The first robust Aβ plaque-developing mouse model was generated by expressing the familial APP mutation V717F (Indiana) under the neuron-directed platelet-derived growth factor-β promoter.19 Shortly thereafter, another strain was reported that expressed the 695 amino acid isoform of the human APP gene together with the Swedish double mutation K670N/M671L (APPswe).20 The mice developed numerous Congo red-positive plaques indicative of fibrillar amyloid in their core, and displayed impaired learning and memory in spatial reference and alternation tasks at 9-10 months but not three months of age. The Tg2576 mice were subsequently shown to have deficits in the Morris water maze, radial arm maze, object recognition, Y-maze spontaneous alternation, and contextual fear conditioning, and to display increased locomotor activity in the open field and the home cage environment (discussed in)21. The Tg2576 strain had to be maintained on a mixed C57BL/6×SJL genetic background to prevent lethality without concomitantly losing the amyloid pathology. Several years after the development of the Tg2576 mice on this mixed background, a separate line was created by systematically (>16 times) backcrossing hemizygous Tg2576 mice to the 129S6/SvEv (129) strain. Interestingly, when the mice were assessed in multiple behavioral tests, the behavioral impairments were more pronounced and occurred earlier on the 129 than the mixed background. Still, the Aβ pathology was similar between the two strains.21 While the assessment of Aβ pathology was somewhat cursory, this observation nonetheless indicates a potential decoupling between Aβ pathology and cognition.
In our own preclinical studies, we mainly use APP23 mice that express APPswe under the control of the murine Thy1 promoter, conferring a twofold neuronal overexpression of the transgene compared to the endogenous APP gene.22 The mice develop congophilic plaques surrounded by distorted neurites containing hyperphosphorylated Tau, implying, together with other corroborating evidence, a role for Aβ in the pathogenesis of AD (Fig. 1). The APP23 mice were maintained on a C57Bl/6 background and at least for a decade since they had been generated, they displayed, different from Tg2576 mice, a normal mortality. However, interestingly, with time, the strain began to drift such that in 2010, we reported a premature lethality of above 40% which reached a plateau at around the age of 4–6 months.23 This was the case for both an animal cohort bred and maintained in Sydney, Australia as well as in Basel, Switzerland.23 A 60% mortality was subsequently reported by a Spanish team for this strain, with mortality in female mice exceeding that in males.24 In our facility, the APP23 strain has since reached a stable mortality rate of around 60%.

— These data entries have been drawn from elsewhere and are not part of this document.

-- ===== src/Orders/Store.antt =====
-- `class OrdersStorage`: the orders in the sequence of their arrival, and five indexes into it.
pub mod Valid
pub mod Nowhere
pub mod Listed
pub mod Lookup
pub mod Frame
pub mod Provision
pub mod Tracked
use swift_bot.Prelude.{
  ℕ, String, Bool, true, false, not, ◌&&◌, Option, none, some, List, [], ◌∷◌, ◌++◌, length, get_or,
  set, ltb, leb, if◌then◌else◌,
}
use swift_bot.Qt.Key.{◌==◌, nat_key, text_key}
use swift_bot.Qt.Vector.{list_contains}
use swift_bot.Qt.Map.{Map, contains, value_or, insert, remove, keys}
use swift_bot.Orders.Index.{drop_key, add_key, mark_updated}
use swift_bot.Qt.Json.{JsonObject, get_text, json_eq}
use swift_bot.Double.{Double}
use swift_bot.Orders.Order.{Env, Uuids, prepare_order_data}

pub record Store : Type 0 where
  pub orders : List JsonObject
  pub ext_id : Map String ℕ
  pub loc_id : Map String ℕ
  pub open_orders : Map String ℕ
  pub closed_orders : Map String ℕ
  pub updated : List ℕ
  pub uuids : Uuids

unfoldable pub empty : Store
empty = record {
  orders = [];
  ext_id = [];
  loc_id = [];
  open_orders = [];
  closed_orders = [];
  updated = [];
  uuids = record { cached = []; inserted = [] };
}

-- `data->orders_array.at( i ).toObject()`, which is the empty object out of range.
abbrev pub order_at : Store → ℕ → JsonObject
order_at s i = get_or s.orders i []

-- The tests of the two kinds of id. The second one asks the index of remote ids, as the source does.
abbrev pub is_exists_remote_id : Store → String → Bool
is_exists_remote_id s uid = contains uid s.ext_id

abbrev pub is_exists_local_id : Store → String → Bool
is_exists_local_id s uid = contains uid s.ext_id

pub get_order : Store → String → String → JsonObject
get_order s remote local =
    if is_exists_remote_id s remote
    then order_at s (value_or remote 0 s.ext_id)
    else if not (local == "#") && (not (local == "") && is_exists_local_id s local)
    then order_at s (value_or local 0 s.loc_id)
    else []

pub overwrite : Store → ℕ → JsonObject → Store
overwrite s i o = record s { orders = set s.orders i o; updated = mark_updated i s.updated }

-- `QJsonArray::replace` out of range is undefined behaviour, `none`.
replace_order : Store → ℕ → JsonObject → Option Store
unfolding overwrite
replace_order s i o = if ltb i (length s.orders) then some (overwrite s i o) else none

abbrev pub with_uuids : Store → Uuids → Store
with_uuids s u = record s { uuids = u }

abbrev pub remote_of : JsonObject → String
remote_of o = get_text "#" "remote_id" o

abbrev pub local_of : JsonObject → String
local_of o = get_text "#" "local_id" o

-- The first part of `updateOrder`: an order that has changed is written over the stored one.
store_prepared : Store → JsonObject → Option Store
unfolding replace_order get_order
store_prepared s p =
    let remote = remote_of p in
    if json_eq p (get_order s remote (local_of p))
    then some s
    else replace_order s (value_or remote 0 s.ext_id) p

-- The two tests that send `addOrder` to `updateOrder`.
abbrev pub hits_remote : Store → String → Bool
hits_remote s remote = not (remote == "") && (not (remote == "#") && contains remote s.ext_id)

abbrev pub hits_local : Store → String → String → Bool
hits_local s remote local = not (remote == "") && (not (local == "#") && contains local s.loc_id)

module _ {D : Type 0} ⦃d : Double D⦄ where
  -- The last part of `updateOrder`: the order moves to the index of its state.
  pub file_known : Env D → Store → String → JsonObject → Store
  file_known env s remote o =
      if leb (env.to_uint (get_text "" "status" o)) 1
      then record s {
        closed_orders = drop_key remote s.closed_orders;
        open_orders = add_key remote (value_or remote 0 s.ext_id) s.open_orders;
      }
      else record s {
        open_orders = drop_key remote s.open_orders;
        closed_orders = add_key remote (value_or remote 0 s.ext_id) s.closed_orders;
      }

  pub update_order : Env D → Store → JsonObject → Option Store
  unfolding file_known store_prepared
  update_order env s o =
      let (p, u) = prepare_order_data env s.uuids o in
      elim (store_prepared (with_uuids s u) p) [
        | none ↦ none
        | some t ↦ some (file_known env t (remote_of p) p)
      ]

  -- The last branch of `addOrder`: the order goes to the end, and into every index.
  pub append_order : Env D → Store → String → String → JsonObject → Store
  append_order env s remote local o =
      let i = length s.orders in
      if leb (env.to_uint (get_text "0" "status" o)) 1
      then record s {
        orders = s.orders ++ (o ∷ []);
        ext_id = insert remote i s.ext_id;
        loc_id = insert local i s.loc_id;
        updated = mark_updated i s.updated;
        closed_orders = drop_key remote s.closed_orders;
        open_orders = insert remote i s.open_orders;
      }
      else record s {
        orders = s.orders ++ (o ∷ []);
        ext_id = insert remote i s.ext_id;
        loc_id = insert local i s.loc_id;
        updated = mark_updated i s.updated;
        open_orders = drop_key remote s.open_orders;
        closed_orders = insert remote i s.closed_orders;
      }

  pub add_order : Env D → Store → JsonObject → Option Store
  unfolding append_order
  add_order env s o =
      let (p, u) = prepare_order_data env s.uuids o in
      let remote = remote_of p in
      let local = local_of p in
      let s' = with_uuids s u in
      if hits_remote s remote
      then update_order env s' p
      else if hits_local s remote local
      then update_order env s' p
      else some (append_order env s' remote local p)

  -- A list of orders, one after the other.
  pub add_orders : Env D → Store → List JsonObject → Option Store
  add_orders env s [] = some s
  add_orders env s (o ∷ os) = elim (add_order env s o) [
    | none ↦ none
    | some t ↦ add_orders env t os
  ]

-- `getUpdatedOrders` and `clearUpdated`
pub pick_updated : Store → List ℕ → List JsonObject
pick_updated s [] = []
pick_updated s (i ∷ is) =
    let rest = pick_updated s is in if json_eq (order_at s i) [] then rest else order_at s i ∷ rest

pub get_updated_orders : Store → List JsonObject × Store
unfolding pick_updated
get_updated_orders s = (pick_updated s s.updated, record s { updated = [] })

pub clear_updated : Store → Store
clear_updated s = record s { updated = [] }

-- `provision`: what both indexes list is taken out of the open orders.
remove_closed : List String → List String → Map String ℕ → Map String ℕ
remove_closed [] closed m = m
remove_closed (uid ∷ uids) closed m =
    remove_closed uids closed (if list_contains closed uid then remove uid m else m)

abbrev is_empty {ℓ} : {A : Type ℓ} → List A → Bool
is_empty [] = true
is_empty (x ∷ xs) = false

pub provision : Store → Store
unfolding remove_closed
provision s =
    let opened = keys s.open_orders in
    let closed = keys s.closed_orders in
    if not (is_empty opened) && not (is_empty closed)
    then record s { open_orders = remove_closed opened closed s.open_orders }
    else s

The identification of Aβ and tau as key players in AD pathophysiology, together with the expansion of antibody development technologies at the turn of the century, led to substantial efforts in developing active and passive immunotherapies for AD, largely targeting Aβ and tau25,26 Our intension is not to provide a comprehensive overview of studies in transgenic mice but to convey that improvements in amyloid pathology generally led to cognitive improvements (in studies in which behavioral tests have been performed): Active immunizations with the Aβ42 peptide were shown to reduce amyloid plaque pathology and behavioral impairment,27,28 without negatively impacting sensorimotor or cognitive abilities long-term.29 Similar findings were obtained by passive immunization with a range of anti-Aβ antibodies,30,31 arguing for a therapeutic effect due to the restoration of synaptic deficits.32 One group described the development of aducanumab (BIIB037), a human monoclonal antibody that selectively interacts with Aβ aggregates, including soluble oligomers and insoluble fibrils, and a dose-escalation phase 1b randomized trial (PRIME; ClinicalTrials.gov identifier NCT01677572) in AD patients, reporting a slowing of clinical decline.33 In this study, reduction of brain amyloid was achieved in Tg2576 mice using a murinized version of aducanumab, but cognitive functions were not assessed.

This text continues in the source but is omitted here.